McDonald’s is not the end of the world

Date: Tue, 10 Jun 2008 09:09:58 -0400
From:
Bill Carraway
Subject: RE: Chatham Chatlist #3146

In response to Ginna Earl’s comments on the coming McDonald’s I must say, as much as I never go to McDonald’s, that it is not the end of the world. BTW some of the communities in Western North Carolina that have capitalized on their art communities also have McDonald’s, Walmart and other purveyors of the evil as some put it.

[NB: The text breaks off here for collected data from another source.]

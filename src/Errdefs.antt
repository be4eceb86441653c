-- ===== src/Errdefs.antt =====
-- errdefs: the classes of errors. A Go `error` is `Option Error`, with `nil` as `none`. An error
-- type of another package is known here by what it answers to the two interfaces and by its cause.
pub mod Chain
mod Examples
use native_kubelet.Base.{Str, Bool, true, false, Option, none, some, List, []}

pub data Error : Type 0 where
  -- errors.New, fmt.Errorf: a format and its arguments
  message : Str → List Str → Error
  -- fmt.Errorf with an error among the arguments, which `Cause()` does not show
  formatted : Str → List Str → Error → Error
  -- notFoundError, invalidInputError
  not_found_error : Error → Error
  invalid_input_error : Error → Error
  -- pkgerrors.Wrap, Wrapf: a format and its arguments, and a cause behind `Cause()`
  wrapped : Str → List Str → Error → Error
  -- a type of another package that implements some of the interfaces
  foreign : Option Bool → Option Bool → Str → Error

-- `err.(ErrNotFound)`: the answer of the method `NotFound()`, if there is one.
unfoldable pub as_err_not_found : Error → Option Bool
as_err_not_found (not_found_error e) = some true
as_err_not_found (foreign n i m) = n
as_err_not_found _ = none

-- `err.(ErrInvalidInput)`
unfoldable pub as_err_invalid_input : Error → Option Bool
as_err_invalid_input (invalid_input_error e) = some true
as_err_invalid_input (foreign n i m) = i
as_err_invalid_input _ = none

-- `AsNotFound` and `AsInvalidInput` keep nil.
unfoldable pub as_not_found : Option Error → Option Error
as_not_found none = none
as_not_found (some e) = some (not_found_error e)

unfoldable pub as_invalid_input : Option Error → Option Error
as_invalid_input none = none
as_invalid_input (some e) = some (invalid_input_error e)

unfoldable pub not_found : Str → Error
not_found msg = not_found_error (message msg [])

unfoldable pub invalid_input : Str → Error
invalid_input msg = invalid_input_error (message msg [])

-- The interface is asked before the cause is followed.
unfoldable pub is_not_found_error : Error → Bool
is_not_found_error (message m a) = false
is_not_found_error (formatted m a e) = false
is_not_found_error (not_found_error e) = true
is_not_found_error (invalid_input_error e) = is_not_found_error e
is_not_found_error (wrapped m a e) = is_not_found_error e
is_not_found_error (foreign none i m) = false
is_not_found_error (foreign (some b) i m) = b

unfoldable pub is_not_found : Option Error → Bool
unfolding is_not_found_error
is_not_found none = false
is_not_found (some e) = is_not_found_error e

unfoldable pub is_invalid_input_error : Error → Bool
is_invalid_input_error (message m a) = false
is_invalid_input_error (formatted m a e) = false
is_invalid_input_error (not_found_error e) = is_invalid_input_error e
is_invalid_input_error (invalid_input_error e) = true
is_invalid_input_error (wrapped m a e) = is_invalid_input_error e
is_invalid_input_error (foreign n none m) = false
is_invalid_input_error (foreign n (some b) m) = b

unfoldable pub is_invalid_input : Option Error → Bool
unfolding is_invalid_input_error
is_invalid_input none = false
is_invalid_input (some e) = is_invalid_input_error e
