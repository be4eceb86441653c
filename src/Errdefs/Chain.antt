-- ===== src/Errdefs/Chain.antt =====
-- The causal chain of an error, and what the two predicates of errdefs read off it.
use native_kubelet.Base.{List, Str, Bool, true, Option, none, some, ◌≡◌, ◌↔◌, refl, ap, arith}
use native_kubelet.Errdefs.{
  Error, message, formatted, not_found_error, invalid_input_error, wrapped, foreign,
  as_err_not_found, as_err_invalid_input, is_not_found_error, is_not_found, is_invalid_input_error,
  is_invalid_input,
}

-- `Cause e c`: the method `Cause()` of `e` gives `c`.
pub data Cause : Error → Error → Type 0 where
  of_not_found : (e : Error) → Cause (not_found_error e) e
  of_invalid_input : (e : Error) → Cause (invalid_input_error e) e
  of_wrapped : (m : Str) (a : List Str) (e : Error) → Cause (wrapped m a e) e

-- `Answers ask e b`: the first error of the causal chain of `e` that `ask` knows answers `b`.
pub data Answers (ask : Error → Option Bool) : Error → Bool → Type 0 where
  here : {e : Error} {b : Bool} → ask e ≡ some b → Answers ask e b
  later : {e c : Error} {b : Bool} → ask e ≡ none → Cause e c → Answers ask c b → Answers ask e b

not_found_sound : {e : Error} {b : Bool} → Answers as_err_not_found e b → is_not_found_error e ≡ b
unfolding as_err_not_found is_not_found_error
not_found_sound {e = message m a} (here h) = ground arith
not_found_sound {e = formatted m a e} (here h) = ground arith
not_found_sound {e = not_found_error e} (here h) = ground arith
not_found_sound {e = invalid_input_error e} (here h) = ground arith
not_found_sound {e = wrapped m a e} (here h) = ground arith
not_found_sound {e = foreign none i m} (here h) = ground arith
not_found_sound {e = foreign (some x) i m} (here h) = ground arith
not_found_sound (later h (of_not_found e) a) = ground arith
not_found_sound (later h (of_invalid_input e) a) = not_found_sound a
not_found_sound (later h (of_wrapped m a e) x) = not_found_sound x

not_found_complete : (e : Error) → is_not_found_error e ≡ true → Answers as_err_not_found e true
unfolding as_err_not_found is_not_found_error
not_found_complete (message m a) h = ground arith
not_found_complete (formatted m a e) h = ground arith
not_found_complete (not_found_error e) h = here refl
not_found_complete (invalid_input_error e) h =
    later refl (of_invalid_input e) (not_found_complete e h)
not_found_complete (wrapped m a e) h = later refl (of_wrapped m a e) (not_found_complete e h)
not_found_complete (foreign none i m) h = ground arith
not_found_complete (foreign (some b) i m) h = here (ap some h)

-- IsNotFound is true of an error exactly when the first error of its causal chain that implements
-- the NotFound interface answers true.
pub is_not_found_iff :
    (e : Error) → (is_not_found (some e) ≡ true) ↔ Answers as_err_not_found e true
unfolding is_not_found
is_not_found_iff e = (not_found_complete e, not_found_sound)

invalid_input_sound :
    {e : Error} {b : Bool} → Answers as_err_invalid_input e b → is_invalid_input_error e ≡ b
unfolding as_err_invalid_input is_invalid_input_error
invalid_input_sound {e = message m a} (here h) = ground arith
invalid_input_sound {e = formatted m a e} (here h) = ground arith
invalid_input_sound {e = not_found_error e} (here h) = ground arith
invalid_input_sound {e = invalid_input_error e} (here h) = ground arith
invalid_input_sound {e = wrapped m a e} (here h) = ground arith
invalid_input_sound {e = foreign n none m} (here h) = ground arith
invalid_input_sound {e = foreign n (some x) m} (here h) = ground arith
invalid_input_sound (later h (of_not_found e) a) = invalid_input_sound a
invalid_input_sound (later h (of_invalid_input e) a) = ground arith
invalid_input_sound (later h (of_wrapped m a e) x) = invalid_input_sound x

invalid_input_complete :
    (e : Error) → is_invalid_input_error e ≡ true → Answers as_err_invalid_input e true
unfolding as_err_invalid_input is_invalid_input_error
invalid_input_complete (message m a) h = ground arith
invalid_input_complete (formatted m a e) h = ground arith
invalid_input_complete (not_found_error e) h =
    later refl (of_not_found e) (invalid_input_complete e h)
invalid_input_complete (invalid_input_error e) h = here refl
invalid_input_complete (wrapped m a e) h =
    later refl (of_wrapped m a e) (invalid_input_complete e h)
invalid_input_complete (foreign n none m) h = ground arith
invalid_input_complete (foreign n (some b) m) h = here (ap some h)

-- IsInvalidInput is true of an error exactly when the first error of its causal chain that
-- implements the InvalidInput interface answers true.
pub is_invalid_input_iff :
    (e : Error) → (is_invalid_input (some e) ≡ true) ↔ Answers as_err_invalid_input e true
unfolding is_invalid_input
is_invalid_input_iff e = (invalid_input_complete e, invalid_input_sound)
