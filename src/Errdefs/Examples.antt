-- ===== src/Errdefs/Examples.antt =====
-- The theorems of Errdefs/Chain.antt at concrete errors.
use native_kubelet.Base.{codes, [], true, some, ◌≡◌, ◌↔◌}
use native_kubelet.Errdefs.{
  Error, message, invalid_input_error, not_found_error, wrapped, is_not_found, as_err_not_found,
}
use native_kubelet.Errdefs.Chain.{Answers, is_not_found_iff}

abbrev lost_pod : Error
lost_pod =
    wrapped (codes "sync") [] (invalid_input_error (not_found_error (message (codes "no pod") [])))

is_not_found_iff_example :
    (is_not_found (some lost_pod) ≡ true) ↔ Answers as_err_not_found lost_pod true
is_not_found_iff_example = is_not_found_iff lost_pod
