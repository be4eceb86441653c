-- ===== src/Expansion.antt =====
-- internal/expansion/expand.go: `$(name)` references in a text. A Go string is its bytes.
pub mod Spec
pub mod Correct
mod Examples
use native_kubelet.Base.{
  ℕ, zero, suc, ◌+◌, ◌-◌, ◌/◌, ◌%◌, Str, Dict, lookup, length, drop, slice, get_elem?, ltb, ◌==◌,
  ◌&&◌, if◌then◌else◌, Bool, true, false, Option, none, some, List, [], ◌∷◌, ◌++◌,
}

abbrev pub operator : ℕ
operator = b'$'

abbrev pub reference_opener : ℕ
reference_opener = b'('

abbrev pub reference_closer : ℕ
reference_closer = b')'

unfoldable pub syntax_wrap : Str → Str
syntax_wrap input = operator ∷ reference_opener ∷ input ++ reference_closer ∷ []

-- The first map that has the name gives its value.
unfoldable pub mapping_func_for : List (Dict Str) → Str → Str
unfolding syntax_wrap lookup
mapping_func_for [] input = syntax_wrap input
mapping_func_for (vars ∷ context) input = elim (lookup input vars) [
  | none ↦ mapping_func_for context input
  | some val ↦ val
]

-- `string(b)` for a byte b: the UTF-8 encoding of the code point b.
unfoldable pub string_of_byte : ℕ → Str
string_of_byte b = if ltb b 128 then b ∷ [] else (192 + b / 64) ∷ (128 + b % 64) ∷ []

-- The loop over i: the index of the first closer, from i on.
unfoldable pub scan_closer : ℕ → Str → Option ℕ
scan_closer i [] = none
scan_closer i (c ∷ rest) =
    let later = scan_closer (i + 1) rest in if c == reference_closer then some i else later

-- What was read, whether it names a variable, and how many bytes are consumed.
pub record ReadName : Type 0 where
  pub read : Str
  pub is_var : Bool
  pub advance : ℕ

abbrev pub closed_at : Str → Option ℕ → ReadName
closed_at input none = record {
  read = operator ∷ reference_opener ∷ [];
  is_var = false;
  advance = 1;
}
closed_at input (some i) = record { read = slice input 1 i; is_var = true; advance = i + 1 }

-- `none` is the run-time panic of `input[0]` on an empty string.
unfoldable pub try_read_variable_name : Str → Option ReadName
unfolding scan_closer string_of_byte
try_read_variable_name [] = none
try_read_variable_name (c ∷ rest) = some (
    if c == operator
    then record { read = operator ∷ []; is_var = false; advance = 1 }
    else if c == reference_opener
    then closed_at (c ∷ rest) (scan_closer 1 rest)
    else record { read = operator ∷ string_of_byte c; is_var = false; advance = 1 })

abbrev pub is_operator : Option ℕ → Bool
is_operator none = false
is_operator (some c) = c == operator

-- The loop of Expand. Each round moves the cursor, so `length input + 1` rounds are enough.
unfoldable pub expand_loop : ℕ → Str → (Str → Str) → ℕ → ℕ → Str → Option Str
unfolding try_read_variable_name
expand_loop zero input mapping cursor checkpoint buf = none
expand_loop (suc fuel) input mapping cursor checkpoint buf =
    let plain = expand_loop fuel input mapping (cursor + 1) checkpoint buf in
    let reference : Option Str = elim (try_read_variable_name (drop (cursor + 1) input)) [
      | none ↦ none
      | some r ↦
          expand_loop fuel input mapping (cursor + r.advance + 1) (cursor + r.advance + 1)
            (buf ++ slice input checkpoint cursor ++ (if r.is_var then mapping r.read else r.read))
    ] in
    if ltb cursor (length input)
    then (if is_operator (get_elem? input cursor) && ltb (cursor + 1) (length input)
        then reference
        else plain)
    else some (buf ++ drop checkpoint input)

unfoldable pub expand : Str → (Str → Str) → Option Str
unfolding expand_loop
expand input mapping = expand_loop (suc (length input)) input mapping 0 0 []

Quite simply inevitable growth caused by the establishment of RTP and the population increase that accompanies it in Chatham County are the reasons for these happenings. The trick is to control growth and have it happen with intelligence, like keeping developments back from the road a bit shaded by trees so the road looks the same, so that the part of the community you speak of does not disappear. You cannot and will not stop the growth. I made this point years ago but the debate rages on without intelligence but rather by emotion and a losing battle against the inevitable. I have been in many communities across the nation where such balanced growth has occurred.

It was done by creating cooperation with developers and a clear set of rules that everyone understood from the outset. This allowed land to be priced realistically and for plans to include the features you cry for.

Chatham’s Commissioners choose to fight the developers and to create adversarial relationships so cooperation goes out the window. Landowners, developers/builders, those of you complaining and just the average citizen all get cheated in the process and the resulting growth makes everyone unhappy in the end. So, continue to argue and fight for your artist and hippie community ignoring the simple fact the growth was set long before many of you even arrived here and you will get Long Island.

As an example I saw a developer in Maryland comply with open space in a new PUD and even built a school on land they designated at no cost to the taxpayers. They knew going in what would be required and they did it. They priced everything from the start in their plan accordingly.